Feydel prétend qu’enrage est ici une altération d’enraie, qui s’écrivait autrefois enraje, et qu’il faudrait dire : Il n’enraie point pour mentir. Sur quoi l’abbé Morellet lui reproche de ne fournir aucune preuve de son assertion et d’ignorer complétement le sens du dicton qui est : Pour mentir il ne sort point de son état naturel, c’est de sang-froid et par habitude qu’il ment. — L’abbé Morellet a probablement raison contre Feydel. Cependant l’explication qu’il donne me paraît laisser quelque chose à dire. Citons d’abord le dicton entier : Il est de la compagnie de saint Hubert ; il n’enrage point pour mentir. Remarquons ensuite qu’on attribuait à saint Hubert le privilége de préserver de la rage tous ses parents et toutes les personnes qui étaient taillées de son étole merveilleuse, qu’un ange lui avait apportée de la part de la mère de Dieu[1]. Après cela, il sera facile de comprendre l’idée qui a déterminé l’emploi du verbe enrager dans ce dicton, qu’on applique aux chasseurs dont saint Hubert, comme on sait, est le patron.
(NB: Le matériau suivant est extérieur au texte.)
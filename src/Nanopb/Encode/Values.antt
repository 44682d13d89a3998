-- ===== src/Nanopb/Encode/Values.antt =====
-- The field encoders of pb_encode.c against the bytes that a value is meant to be encoded to.
use social_timeline.Common.{ℕ, zero, suc, ◌+◌, ◌*◌, ◌%◌, ◌^◌, ◌<◌, ◌≡◌, refl, arith, ap, subst}
use social_timeline.Common.{
  Bool, true, false, none, some, List, [], ◌++◌, ◌⊎◌, inl, inr, length, length-append, u64,
  if◌then◌else◌, Bool-cases,
}
use social_timeline.Common.Bits.{bit_or_shifted}
use native.Mathlib.Nat.{pow-suc}
use social_timeline.Nanopb.Outcome.{invalid_data_size, Run, ◌>>◌}
use social_timeline.Nanopb.Ostream
use social_timeline.Nanopb.Ostream.{Ostream, Buffer}
use social_timeline.Nanopb.Varint.{pb_encode_varint, pb_encode_svarint, zigzag}
use social_timeline.Nanopb.Varint.Bytes.{varint}
use social_timeline.Nanopb.Wire.{pb_encode_tag, pb_encode_string}
use social_timeline.Nanopb.Wire.Encode.{
  Encodes, Encodes-pure, Encodes-then, key, pb_encode_varint-Encodes, pb_encode_svarint-Encodes,
  pb_encode_string-Encodes,
}
use social_timeline.Nanopb.Field.{Field}
use social_timeline.Nanopb.Memory.{Memory, load, load_signed, sign_extend, bytes_at}
use social_timeline.Nanopb.Encode.Scalars.{
  pb_encode_tag_for_field, integer_size, pb_enc_varint, pb_enc_uvarint, pb_enc_svarint,
  pb_enc_bytes,
}
use social_timeline.Nanopb.Encode.Nested.{encode_submessage}
use social_timeline.Nanopb.Encode.Fields.{for_entries}
use social_timeline.Nanopb.Encode.Spec.{
  Bytes, both, string, prefixed, tag_with, tag_bytes, entries, bytes_value,
}
use social_timeline.Nanopb.Encode.Submessage.{Encodes-small, encode_submessage-Encodes}

-- Where bytes are meant, they are what is encoded.
pub data Refines (e : Run (Ostream Buffer) (Unit {0})) : Bytes → Type 0 where
  refused : Refines e none
  encoded : (bytes : List ℕ) → Encodes e bytes → Refines e (some bytes)

pub Refines-then :
    (e f : Run (Ostream Buffer) (Unit {0})) (a b : Bytes)
    → Refines e a
    → Refines f b
    → Refines (e >> f) (both a b)
Refines-then e f _ b refused q = refused
Refines-then e f _ _ (encoded a p) refused = refused
Refines-then e f _ _ (encoded a p) (encoded b q) = encoded (a ++ b) (Encodes-then e f a b p q)

pub Refines-if :
    (c : Bool) (e f : Run (Ostream Buffer) (Unit {0})) (a b : Bytes)
    → Refines e a
    → Refines f b
    → Refines (if c then e else f) (if c then a else b)
Refines-if true e f a b p q = p
Refines-if false e f a b p q = q

pub Refines-prefixed :
    (e : Run (Ostream Buffer) (Unit {0})) (a : Bytes)
    → Refines e a
    → Refines (encode_submessage e) (prefixed a)
Refines-prefixed e _ refused = refused
Refines-prefixed e _ (encoded bytes p) =
    encoded (string bytes) (encode_submessage-Encodes e bytes p)

-- A tag of any number, as its 64 bits have it.
pub pb_encode_tag-Refines :
    (wire_type : ℕ) (field : Field)
    → wire_type < 8
    → Refines (pb_encode_tag wire_type field.tag) (tag_with wire_type field)
unfolding pb_encode_tag
pb_encode_tag-Refines wire_type field h =
    let whole : u64 (field.tag * 8) ≡ field.tag % 2 ^ 61 * 8 = omega arith in
    rw (whole, bit_or_shifted 3 (field.tag % 2 ^ 61) wire_type h)
      (encoded _ (pb_encode_varint-Encodes (key wire_type (field.tag % 2 ^ 61)) (omega arith)))

pub pb_encode_tag_for_field-Refines :
    (field : Field) → Refines (pb_encode_tag_for_field field) (tag_bytes field)
unfolding pb_encode_tag_for_field tag_bytes
pb_encode_tag_for_field-Refines field =
    Refines-if _ _ _ _ _ (pb_encode_tag-Refines 0 field (omega arith)) (
      Refines-if _ _ _ _ _ (pb_encode_tag-Refines 5 field (omega arith)) (
        Refines-if _ _ _ _ _ (pb_encode_tag-Refines 1 field (omega arith))
          (Refines-if _ _ _ _ _ (pb_encode_tag-Refines 2 field (omega arith)) refused)))

-- An array of entries.
pub for_entries-Refines :
    (body : ℕ → Run (Ostream Buffer) (Unit {0})) (meant : ℕ → Bytes) (data_size count p : ℕ)
    → ((p : ℕ) → Refines (body p) (meant p))
    → Refines (for_entries body data_size count p) (entries meant data_size count p)
unfolding for_entries entries
for_entries-Refines body meant data_size zero p each = encoded [] Encodes-pure
for_entries-Refines body meant data_size (suc count) p each =
    Refines-then (body p) _ (meant p) _ (each p)
      (for_entries-Refines body meant data_size count (p + data_size) each)

-- Every cell of the memory holds a byte.
abbrev pub IsMemory : Memory → Type 0
IsMemory m = (a : ℕ) → m a < 256

module _ (m : Memory) (is_memory : IsMemory m) where
  pub load-lt : (n a : ℕ) → load m n a < 256 ^ n
  unfolding load
  load-lt zero a = omega arith
  load-lt (suc n) a = omega (arith, is_memory a, load-lt n (suc a), pow-suc 256 n)

  sizes : (n : ℕ) → integer_size n ≡ true → (n ≡ 1) ⊎ ((n ≡ 2) ⊎ ((n ≡ 4) ⊎ (n ≡ 8)))
  sizes n h = ground arith

  load-lt_64 : (n a : ℕ) → integer_size n ≡ true → load m n a < 2 ^ 64
  load-lt_64 n a h = elim (sizes n h) [
    | inl e ↦ rw e (omega (arith, load-lt 1 a))
    | inr (inl e) ↦ rw e (omega (arith, load-lt 2 a))
    | inr (inr (inl e)) ↦ rw e (omega (arith, load-lt 4 a))
    | inr (inr (inr e)) ↦ rw e (omega (arith, load-lt 8 a))
  ]

  load_signed-lt : (n a : ℕ) → integer_size n ≡ true → load_signed m n a < 2 ^ 64
  unfolding load_signed sign_extend
  load_signed-lt n a h = elim (sizes n h) [
    | inl e ↦ rw e (ground (arith, load-lt 1 a))
    | inr (inl e) ↦ rw e (ground (arith, load-lt 2 a))
    | inr (inr (inl e)) ↦ rw e (ground (arith, load-lt 4 a))
    | inr (inr (inr e)) ↦ rw e (ground (arith, load-lt 8 a))
  ]

  length-bytes_at : (n a : ℕ) → length (bytes_at m n a) ≡ n
  unfolding bytes_at
  length-bytes_at zero a = refl
  length-bytes_at (suc n) a = ap suc (length-bytes_at n (suc a))

  -- A string from the memory.
  pub string_at-Refines :
      (n a : ℕ) → Refines (pb_encode_string (bytes_at m n a) n) (some (string (bytes_at m n a)))
  string_at-Refines n a =
      let body = bytes_at m n a in
      let total = length-append (varint 9 (length body)) body in
      encoded (string body) (
        subst (λ k. Encodes (pb_encode_string body k) (string body)) (length-bytes_at n a)
          (Encodes-small _ (string body)
            λ small. pb_encode_string-Encodes body (omega (arith, total))))

  integer-Refines :
      (e : ℕ → Run (Ostream Buffer) (Unit {0})) (v n : ℕ) (bytes : List ℕ)
      → (integer_size n ≡ true → Encodes (e v) bytes)
      → Refines
          (if integer_size n then e v else Ostream.return_error invalid_data_size)
          (if integer_size n then some bytes else none)
  integer-Refines e v n bytes p = elim (Bool-cases (integer_size n)) [
    | inl good ↦ rw good (encoded bytes (p good))
    | inr bad ↦ rw bad refused
  ]

  pub pb_enc_varint-Refines :
      (field : Field) (src : ℕ)
      → Refines (pb_enc_varint m field src) (
          if integer_size field.data_size
          then some (varint 9 (load_signed m field.data_size src))
          else none)
  unfolding pb_enc_varint
  pb_enc_varint-Refines field src =
      integer-Refines pb_encode_varint _ field.data_size _
        λ good. pb_encode_varint-Encodes _ (load_signed-lt field.data_size src good)

  pub pb_enc_uvarint-Refines :
      (field : Field) (src : ℕ)
      → Refines (pb_enc_uvarint m field src) (
          if integer_size field.data_size
          then some (varint 9 (load m field.data_size src))
          else none)
  unfolding pb_enc_uvarint
  pb_enc_uvarint-Refines field src =
      integer-Refines pb_encode_varint _ field.data_size _
        λ good. pb_encode_varint-Encodes _ (load-lt_64 field.data_size src good)

  pub pb_enc_svarint-Refines :
      (field : Field) (src : ℕ)
      → Refines (pb_enc_svarint m field src) (
          if integer_size field.data_size
          then some (varint 9 (zigzag (load_signed m field.data_size src)))
          else none)
  unfolding pb_enc_svarint
  pb_enc_svarint-Refines field src =
      integer-Refines pb_encode_svarint _ field.data_size _ λ good. pb_encode_svarint-Encodes _

  pub pb_enc_bytes-Refines :
      (field : Field) (src : ℕ) → Refines (pb_enc_bytes m field src) (bytes_value m field src)
  unfolding pb_enc_bytes bytes_value
  pb_enc_bytes-Refines field src =
      Refines-if _ _ _ _ _ (encoded (string []) (pb_encode_string-Encodes [] (omega arith)))
        (Refines-if _ _ _ _ _ refused (string_at-Refines _ _))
Il y avait à Metz et en plusieurs autres endroits de la Lorraine, au xvie siècle, une compagnie de Saint-Hubert, ou un ordre des Menteurs. Tous les membres s’engageaient par serment à ne jamais dire la vérité en fait de chasse. Les candidats juraient à genoux ; les chevaliers attachaient leurs fusils par la bandoulière à des pitons enfoncés dans le tronc d’un chêne ; le président siégeait sur une borne.

  1. Tailler quoiqu’un de l’étole de saint Hubert, c’était insérer une parcelle de cette étole dans une entaille qu’on lui fesait au front avec la clef de saint Hubert, espèce de cor ou de cornet de fer béni. Cette expression était technique.